Skatemessen mit langer Tradition

Die Aufrichtung der Krone in Weitensfeld und das Kufenstechen im Gailtal sind traditionelle Pfingstbräuche, die nun nach zweijähriger pandemiebedingter Pause wieder gefeiert werden können. Am Kirchtag wird im unteren Gailtal das Kufenstechen angebaut. Die einheimischen Jungs versuchen sich an einem Holzfass, das im Galopp auf dem Pferderücken vor Angst zerbrechen soll.

ORF 1952: Tanz unter den Linden bei Feistritz im Gailtal

Die Pandemie hat den Zoll etwas ausgebremst

Das meiste haben die Nachbarn schon vorbereitet, wie im Wiesflecker-Haus in Unterfeistritz. Dort gehen am Pfingstmontag drei Mädchen in traditioneller, aufwändiger Untergailtaler Tracht zum Kirchentag. Paula Wiesflecker wird ihren drei Enkelinnen helfen, ihr weites, mehrteiliges Kleid anzuziehen. Es dauert ungefähr eine Stunde, um dies zu tun.

„Anna, Laura und Christina werden dieses Jahr unter den Linden tanzen. Christina ist zum ersten Mal dabei, weil es wegen des Corona-Virus eine zweijährige Pause gab. „Diese Trennung hat die Tradition ein bisschen ausgebremst“, sagt Paula Wiesflecker, gerade bei ganz jungen Mädchen, die zum ersten Mal dabei gewesen wären.

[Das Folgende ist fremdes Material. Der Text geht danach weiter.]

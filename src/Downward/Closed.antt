-- ===== src/Downward/Closed.antt =====
-- The downward search as a whole: what it leaves tainted is closed under def-use flow.
use linux_analysis.Prelude.{
  ℕ, zero, suc, ◌≡◌, ◌∙◌, sym, inl, inr, Bool, false, some, List, [], Map, contains, ◌⊆◌,
  Bool-cases, Option-cases, some_inj,
}
use linux_analysis.Llvm.{Ir, Value, Function, IsModule}
use linux_analysis.State.{Config, State}
use linux_analysis.Downward.{drain, scan_round, scanned_after, downward}
use linux_analysis.Downward.Ends.{round_stops, round_continues}
use linux_analysis.Downward.Exact.{start, IsPending, drain_exact}
use linux_analysis.Downward.Queues.{Queues, scan_round-Queues}

module _ (ir : Ir) where
  module _ (cfg : Config) (targets : Map (List Function)) where
    Queues-IsPending :
        (a b : State × Bool)
        → Queues a b
        → IsPending ir cfg targets a.0
        → IsPending ir cfg targets b.0
    Queues-IsPending a b q h = record {
      waiting = λ x m. elim (Bool-cases (contains x (a.0).worklist)) [
        | inl old ↦ q.tainted x (h.waiting x old)
        | inr new ↦ q.inside x m new
      ];
      followed = λ v m. elim (Bool-cases (contains v (a.0).tainted_values)) [
        | inr new ↦ inl (q.waiting v m new)
        | inl old ↦ elim (h.followed v old) [
          | inl wait ↦ inl (q.stacked v wait)
          | inr done ↦ inr (λ y hy. q.tainted y (done y hy))
        ]
      ];
    }

    -- Nothing waits, all that is tainted has had its uses followed, and no taint is lost.
    pub record Closes (s t : State) : Type 0 where
      pub empty : t.worklist ≡ []
      pub pending : IsPending ir cfg targets t
      pub kept : s.tainted_values ⊆ t.tainted_values

    -- When the downward search returns, its worklist is empty and what is tainted is closed.
    pub downward-Closes :
        (work rounds : ℕ) (scanned : List Value) (s t : State)
        → IsModule ir
        → IsPending ir cfg targets s
        → downward ir cfg targets work rounds scanned s ≡ some t
        → Closes s t
    unfolding downward
    downward-Closes work zero scanned s t is_module h e = cc
    downward-Closes work (suc rounds) scanned s t is_module h e =
        elim (Option-cases (drain ir cfg targets work (record s { changed = false }))) [
          | inl out ↦ cc (rw (out, downward) at e)
          | inr (u, run) ↦
              let (pending, empty, exact) =
                drain_exact ir cfg targets work (record s { changed = false }) u
                  (record { waiting = h.waiting; followed = h.followed }) run in
              let q = scan_round-Queues ir scanned u in
              let h' = Queues-IsPending (u, false) (scan_round ir scanned u, _) q pending in
              let kept : s.tainted_values ⊆ (scan_round ir scanned u).tainted_values =
                λ x m. q.tainted x ((exact x).1 (start m)) in
              elim (Bool-cases (scan_round ir scanned u).changed) [
                | inl more ↦
                    let rest =
                      downward-Closes work rounds (scanned_after ir scanned u)
                        (scan_round ir scanned u) t is_module h'
                        (sym (
                            round_continues ir is_module cfg targets work rounds scanned s u run
                              more)
                          ∙ e) in
                    record {
                      empty = rest.empty;
                      pending = rest.pending;
                      kept = λ x m. rest.kept x (kept x m);
                    }
                | inr stop ↦
                    let same : scan_round ir scanned u ≡ t = some_inj (
                      sym (round_stops ir is_module cfg targets work rounds scanned s u run stop)
                      ∙ e) in
                    rw (← same) (record {
                      empty = elim q.flag [ inl more ↦ cc | inr (_, f) ↦ f ∙ empty ];
                      pending = h';
                      kept = kept;
                    })
              ]
        ]
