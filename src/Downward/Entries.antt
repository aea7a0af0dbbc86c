-- ===== src/Downward/Entries.antt =====
-- Sorting the entries of a map by their keys loses none.
use linux_analysis.Prelude.{
  ℕ, ◌≡◌, refl, ◌⊎◌, inl, inr, some, [], ◌∷◌, leb, Map, lookup, ◌==◌, some_inj, Bool-cases, arith,
}
use linux_analysis.Downward.{insert_entry, sort_entries}

-- The entry stands in the map, under its key or behind another with it.
abbrev pub HasEntry : {A : Type 0} → ℕ → A → Map A → Type 0
HasEntry k v [] = ⊥
HasEntry k v (e ∷ m) = (e ≡ (k, v)) ⊎ HasEntry k v m

module _ {A : Type 0} (k : ℕ) (v : A) where
  pub HasEntry-lookup : (m : Map A) → lookup k m ≡ some v → HasEntry k v m
  unfolding lookup
  HasEntry-lookup [] e = cc
  HasEntry-lookup ((j, w) ∷ m) e = elim (Bool-cases (k == j)) [
    | inl same ↦
        let q : j ≡ k = ground arith in
        let here : w ≡ v = some_inj (rw same at e) in inl (rw (q, here) refl)
    | inr other ↦ inr (HasEntry-lookup m (rw other at e))
  ]

  HasEntry-insert_entry :
      (e : ℕ × A) (m : Map A) → (e ≡ (k, v)) ⊎ HasEntry k v m → HasEntry k v (insert_entry e m)
  unfolding insert_entry
  HasEntry-insert_entry e [] h = h
  HasEntry-insert_entry e (f ∷ m) h = elim (Bool-cases (leb e.0 f.0)) [
    | inl before ↦ rw before h
    | inr after ↦ rw after (elim h [
      | inl here ↦ inr (HasEntry-insert_entry e m (inl here))
      | inr (inl next) ↦ inl next
      | inr (inr later) ↦ inr (HasEntry-insert_entry e m (inr later))
    ])
  ]

  pub HasEntry-sort_entries : (m : Map A) → HasEntry k v m → HasEntry k v (sort_entries m)
  unfolding sort_entries
  HasEntry-sort_entries [] h = h
  HasEntry-sort_entries (e ∷ m) (inl here) = HasEntry-insert_entry e (sort_entries m) (inl here)
  HasEntry-sort_entries (e ∷ m) (inr later) =
      HasEntry-insert_entry e (sort_entries m) (inr (HasEntry-sort_entries m later))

ORF Milka Binter 1952 im Eislauf

Milka Binter Film 1952

Eine, die am Montag mit ihrer Enkelin kommen will, ist Milka Binter, ledig Millonig. Dort stand er bereits 1952 als 18-Jähriger vor der Kamera von Otto Aichbichler. Die Filme des vor 25 Jahren verstorbenen Filmemachers sind kürzlich wieder aufgetaucht. Aichbichler berichtete über Kärntner Veranstaltungen und Brauchtumsveranstaltungen; mehr Infos dazu in den täglichen Farberinnerungen (13. Mai 2022; kaernten.ORF.at).

Ziel des Films war es, die einzige Untergailtaler Tracht zu präsentieren. Milka Binter wurde von Aichbichler zusammen mit einem Jungen aus der Gegend gefilmt.

Fotoserie mit 9 Bildern

Dreharbeiten vor 70 Jahren: „Bitte lächeln und reden“

Milka Binter erinnert sich noch genau an die 1950er Jahre, Kirchentag und Dreharbeiten mit Otto Aichbichler: „Er hat uns einfach mitgenommen, auf den Berg, zur Rast, in die Kirche. Wir mussten immer hin und her gehen. Nicht so starr, sagte er immer, lächelte und redete.“

ORF Ziel des nun wieder aufgetauchten Films war es, die einzige Tracht des Untergailtals zu präsentieren

Milka Binter: Damals wurde viel getanzt

Am Zoll hat sich über die Jahrzehnte fast nichts geändert. Damals war das Stechen an sich nicht ungefährlich und in einem sehr kleinen Teil des Landes ein spektakulärer Brauch. Das Ereignis des Jahres wurde erstmals in Farbe gefilmt.

Der Tanz fand unter der Linde statt, vor 70 Jahren fühlte es sich hier noch slowenischer an als heute. Aber die Leute tanzten die ganze Zeit gern. Binter: „Du hast nicht nur mit deinem Partner getanzt, du hast mit jedem getanzt, der dich gefragt hat. Es war nicht wie heute, wo arme Mädchen bleiben und Männer nicht tanzen.“

ORF Der Brauch des traditionellen Kufensteuchs erstmals in Farbe gefilmt

Teile des Kleides sind über 100 Jahre alt

Das Kleid von damals hat Milka Binter noch, Teile davon sind über hundert Jahre alt. Auch der Leinenunterrock ist erhalten geblieben. „Es ist riesig, ich weiß nicht, wie viele Meter Stoff es sind. Und es ist alt und sehr schwer.“

ORF Milka Binter mit dem alten Leinenunterrock

Die Schuhe von damals haben viele Tage Kirchen- und Tanzflächen gesehen. Und diesmal ist Milka Binter beim Feistritzer Kirchtag mit Läufermessen dabei.